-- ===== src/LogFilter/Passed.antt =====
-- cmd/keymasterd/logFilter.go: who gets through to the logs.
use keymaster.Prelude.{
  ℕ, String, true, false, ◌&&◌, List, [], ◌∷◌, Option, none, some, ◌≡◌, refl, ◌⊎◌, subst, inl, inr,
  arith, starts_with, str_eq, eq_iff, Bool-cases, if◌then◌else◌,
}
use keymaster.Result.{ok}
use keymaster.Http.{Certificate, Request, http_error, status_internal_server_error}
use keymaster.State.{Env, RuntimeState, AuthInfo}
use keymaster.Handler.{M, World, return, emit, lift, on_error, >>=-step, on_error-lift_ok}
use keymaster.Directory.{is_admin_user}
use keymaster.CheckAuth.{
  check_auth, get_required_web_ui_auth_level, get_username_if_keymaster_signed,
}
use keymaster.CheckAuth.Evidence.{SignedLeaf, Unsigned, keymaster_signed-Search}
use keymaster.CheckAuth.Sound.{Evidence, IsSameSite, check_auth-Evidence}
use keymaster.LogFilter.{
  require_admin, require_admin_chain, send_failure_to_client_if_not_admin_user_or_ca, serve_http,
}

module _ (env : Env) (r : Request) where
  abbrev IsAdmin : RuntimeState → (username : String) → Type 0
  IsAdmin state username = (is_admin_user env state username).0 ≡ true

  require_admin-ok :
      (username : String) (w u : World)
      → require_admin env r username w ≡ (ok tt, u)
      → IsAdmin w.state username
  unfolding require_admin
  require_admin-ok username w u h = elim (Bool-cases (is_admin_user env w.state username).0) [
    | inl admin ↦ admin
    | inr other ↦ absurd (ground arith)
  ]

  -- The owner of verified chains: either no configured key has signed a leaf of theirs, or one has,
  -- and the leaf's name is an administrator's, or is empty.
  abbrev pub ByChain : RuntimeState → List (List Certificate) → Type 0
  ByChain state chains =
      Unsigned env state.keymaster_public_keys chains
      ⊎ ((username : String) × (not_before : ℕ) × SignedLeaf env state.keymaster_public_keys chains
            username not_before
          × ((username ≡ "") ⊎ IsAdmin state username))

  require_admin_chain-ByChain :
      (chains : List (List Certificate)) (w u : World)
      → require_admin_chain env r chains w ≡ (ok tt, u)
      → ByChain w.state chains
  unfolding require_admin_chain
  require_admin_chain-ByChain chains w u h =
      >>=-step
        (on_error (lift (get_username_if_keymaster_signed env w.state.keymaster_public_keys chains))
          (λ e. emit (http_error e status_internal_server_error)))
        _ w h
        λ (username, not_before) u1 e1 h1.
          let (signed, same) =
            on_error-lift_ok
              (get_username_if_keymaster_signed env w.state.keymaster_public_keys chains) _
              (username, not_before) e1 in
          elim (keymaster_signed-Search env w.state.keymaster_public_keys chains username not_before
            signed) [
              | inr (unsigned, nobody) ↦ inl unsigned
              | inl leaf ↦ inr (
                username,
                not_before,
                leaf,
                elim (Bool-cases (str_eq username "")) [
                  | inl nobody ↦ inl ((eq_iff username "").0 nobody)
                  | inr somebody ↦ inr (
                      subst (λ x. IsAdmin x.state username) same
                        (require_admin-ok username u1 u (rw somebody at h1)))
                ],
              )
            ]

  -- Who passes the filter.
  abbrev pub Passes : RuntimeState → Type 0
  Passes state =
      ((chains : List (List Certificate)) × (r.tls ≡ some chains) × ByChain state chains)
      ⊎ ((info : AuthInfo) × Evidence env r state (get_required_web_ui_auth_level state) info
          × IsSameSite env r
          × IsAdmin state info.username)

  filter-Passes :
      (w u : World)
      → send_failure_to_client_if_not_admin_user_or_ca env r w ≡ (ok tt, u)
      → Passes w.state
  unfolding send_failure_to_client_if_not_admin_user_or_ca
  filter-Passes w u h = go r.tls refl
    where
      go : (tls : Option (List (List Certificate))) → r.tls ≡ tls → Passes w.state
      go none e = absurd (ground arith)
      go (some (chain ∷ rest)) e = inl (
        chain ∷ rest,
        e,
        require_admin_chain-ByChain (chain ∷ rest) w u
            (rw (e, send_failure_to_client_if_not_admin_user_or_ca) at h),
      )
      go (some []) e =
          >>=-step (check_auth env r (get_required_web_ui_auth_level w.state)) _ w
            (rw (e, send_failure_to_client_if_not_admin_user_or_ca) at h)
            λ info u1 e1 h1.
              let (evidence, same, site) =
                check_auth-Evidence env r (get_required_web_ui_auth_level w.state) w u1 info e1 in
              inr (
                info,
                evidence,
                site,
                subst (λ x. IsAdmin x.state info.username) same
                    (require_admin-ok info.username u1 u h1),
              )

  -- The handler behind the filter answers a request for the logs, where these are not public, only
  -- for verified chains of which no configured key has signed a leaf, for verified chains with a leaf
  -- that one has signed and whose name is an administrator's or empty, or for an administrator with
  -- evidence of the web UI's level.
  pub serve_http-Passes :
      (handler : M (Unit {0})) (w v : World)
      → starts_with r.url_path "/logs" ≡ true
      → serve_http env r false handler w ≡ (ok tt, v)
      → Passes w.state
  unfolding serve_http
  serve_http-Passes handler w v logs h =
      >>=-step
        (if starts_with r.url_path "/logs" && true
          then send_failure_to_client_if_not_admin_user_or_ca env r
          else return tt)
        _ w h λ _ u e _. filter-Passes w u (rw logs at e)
+ + + +
:: PROBLEM STATEMENT ::
All of the data above needs to be written out exactly.

:: WRITTEN RESPONSE ::
-- ===== src/LogFilter/Passed.antt =====
-- cmd/keymasterd/logFilter.go: who gets through to the logs.
use keymaster.Prelude.{
  ℕ, String, true, false, ◌&&◌, List, [], ◌∷◌, Option, none, some, ◌≡◌, refl, ◌⊎◌, subst, inl, inr,
  arith, starts_with, str_eq, eq_iff, Bool-cases, if◌then◌else◌,
}
use keymaster.Result.{ok}
use keymaster.Http.{Certificate, Request, http_error, status_internal_server_error}
use keymaster.State.{Env, RuntimeState, AuthInfo}
use keymaster.Handler.{M, World, return, emit, lift, on_error, >>=-step, on_error-lift_ok}
use keymaster.Directory.{is_admin_user}
use keymaster.CheckAuth.{
  check_auth, get_required_web_ui_auth_level, get_username_if_keymaster_signed,
}
use keymaster.CheckAuth.Evidence.{SignedLeaf, Unsigned, keymaster_signed-Search}
use keymaster.CheckAuth.Sound.{Evidence, IsSameSite, check_auth-Evidence}
use keymaster.LogFilter.{
  require_admin, require_admin_chain, send_failure_to_client_if_not_admin_user_or_ca, serve_http,
}

module _ (env : Env) (r : Request) where
  abbrev IsAdmin : RuntimeState → (username : String) → Type 0
  IsAdmin state username = (is_admin_user env state username).0 ≡ true

  require_admin-ok :
      (username : String) (w u : World)
      → require_admin env r username w ≡ (ok tt, u)
      → IsAdmin w.state username
  unfolding require_admin
  require_admin-ok username w u h = elim (Bool-cases (is_admin_user env w.state username).0) [
    | inl admin ↦ admin
    | inr other ↦ absurd (ground arith)
  ]

  -- The owner of verified chains: either no configured key has signed a leaf of theirs, or one has,
  -- and the leaf's name is an administrator's, or is empty.
  abbrev pub ByChain : RuntimeState → List (List Certificate) → Type 0
  ByChain state chains =
      Unsigned env state.keymaster_public_keys chains
      ⊎ ((username : String) × (not_before : ℕ) × SignedLeaf env state.keymaster_public_keys chains
            username not_before
          × ((username ≡ "") ⊎ IsAdmin state username))

  require_admin_chain-ByChain :
      (chains : List (List Certificate)) (w u : World)
      → require_admin_chain env r chains w ≡ (ok tt, u)
      → ByChain w.state chains
  unfolding require_admin_chain
  require_admin_chain-ByChain chains w u h =
      >>=-step
        (on_error (lift (get_username_if_keymaster_signed env w.state.keymaster_public_keys chains))
          (λ e. emit (http_error e status_internal_server_error)))
        _ w h
        λ (username, not_before) u1 e1 h1.
          let (signed, same) =
            on_error-lift_ok
              (get_username_if_keymaster_signed env w.state.keymaster_public_keys chains) _
              (username, not_before) e1 in
          elim (keymaster_signed-Search env w.state.keymaster_public_keys chains username not_before
            signed) [
              | inr (unsigned, nobody) ↦ inl unsigned
              | inl leaf ↦ inr (
                username,
                not_before,
                leaf,
                elim (Bool-cases (str_eq username "")) [
                  | inl nobody ↦ inl ((eq_iff username "").0 nobody)
                  | inr somebody ↦ inr (
                      subst (λ x. IsAdmin x.state username) same
                        (require_admin-ok username u1 u (rw somebody at h1)))
                ],
              )
            ]

  -- Who passes the filter.
  abbrev pub Passes : RuntimeState → Type 0
  Passes state =
      ((chains : List (List Certificate)) × (r.tls ≡ some chains) × ByChain state chains)
      ⊎ ((info : AuthInfo) × Evidence env r state (get_required_web_ui_auth_level state) info
          × IsSameSite env r
          × IsAdmin state info.username)

  filter-Passes :
      (w u : World)
      → send_failure_to_client_if_not_admin_user_or_ca env r w ≡ (ok tt, u)
      → Passes w.state
  unfolding send_failure_to_client_if_not_admin_user_or_ca
  filter-Passes w u h = go r.tls refl
    where
      go : (tls : Option (List (List Certificate))) → r.tls ≡ tls → Passes w.state
      go none e = absurd (ground arith)
      go (some (chain ∷ rest)) e = inl (
        chain ∷ rest,
        e,
        require_admin_chain-ByChain (chain ∷ rest) w u
            (rw (e, send_failure_to_client_if_not_admin_user_or_ca) at h),
      )
      go (some []) e =
          >>=-step (check_auth env r (get_required_web_ui_auth_level w.state)) _ w
            (rw (e, send_failure_to_client_if_not_admin_user_or_ca) at h)
            λ info u1 e1 h1.
              let (evidence, same, site) =
                check_auth-Evidence env r (get_required_web_ui_auth_level w.state) w u1 info e1 in
              inr (
                info,
                evidence,
                site,
                subst (λ x. IsAdmin x.state info.username) same
                    (require_admin-ok info.username u1 u h1),
              )

  -- The handler behind the filter answers a request for the logs, where these are not public, only
  -- for verified chains of which no configured key has signed a leaf, for verified chains with a leaf
  -- that one has signed and whose name is an administrator's or empty, or for an administrator with
  -- evidence of the web UI's level.
  pub serve_http-Passes :
      (handler : M (Unit {0})) (w v : World)
      → starts_with r.url_path "/logs" ≡ true
      → serve_http env r false handler w ≡ (ok tt, v)
      → Passes w.state
  unfolding serve_http
  serve_http-Passes handler w v logs h =
      >>=-step
        (if starts_with r.url_path "/logs" && true
          then send_failure_to_client_if_not_admin_user_or_ca env r
          else return tt)
        _ w h λ _ u e _. filter-Passes w u (rw logs at e)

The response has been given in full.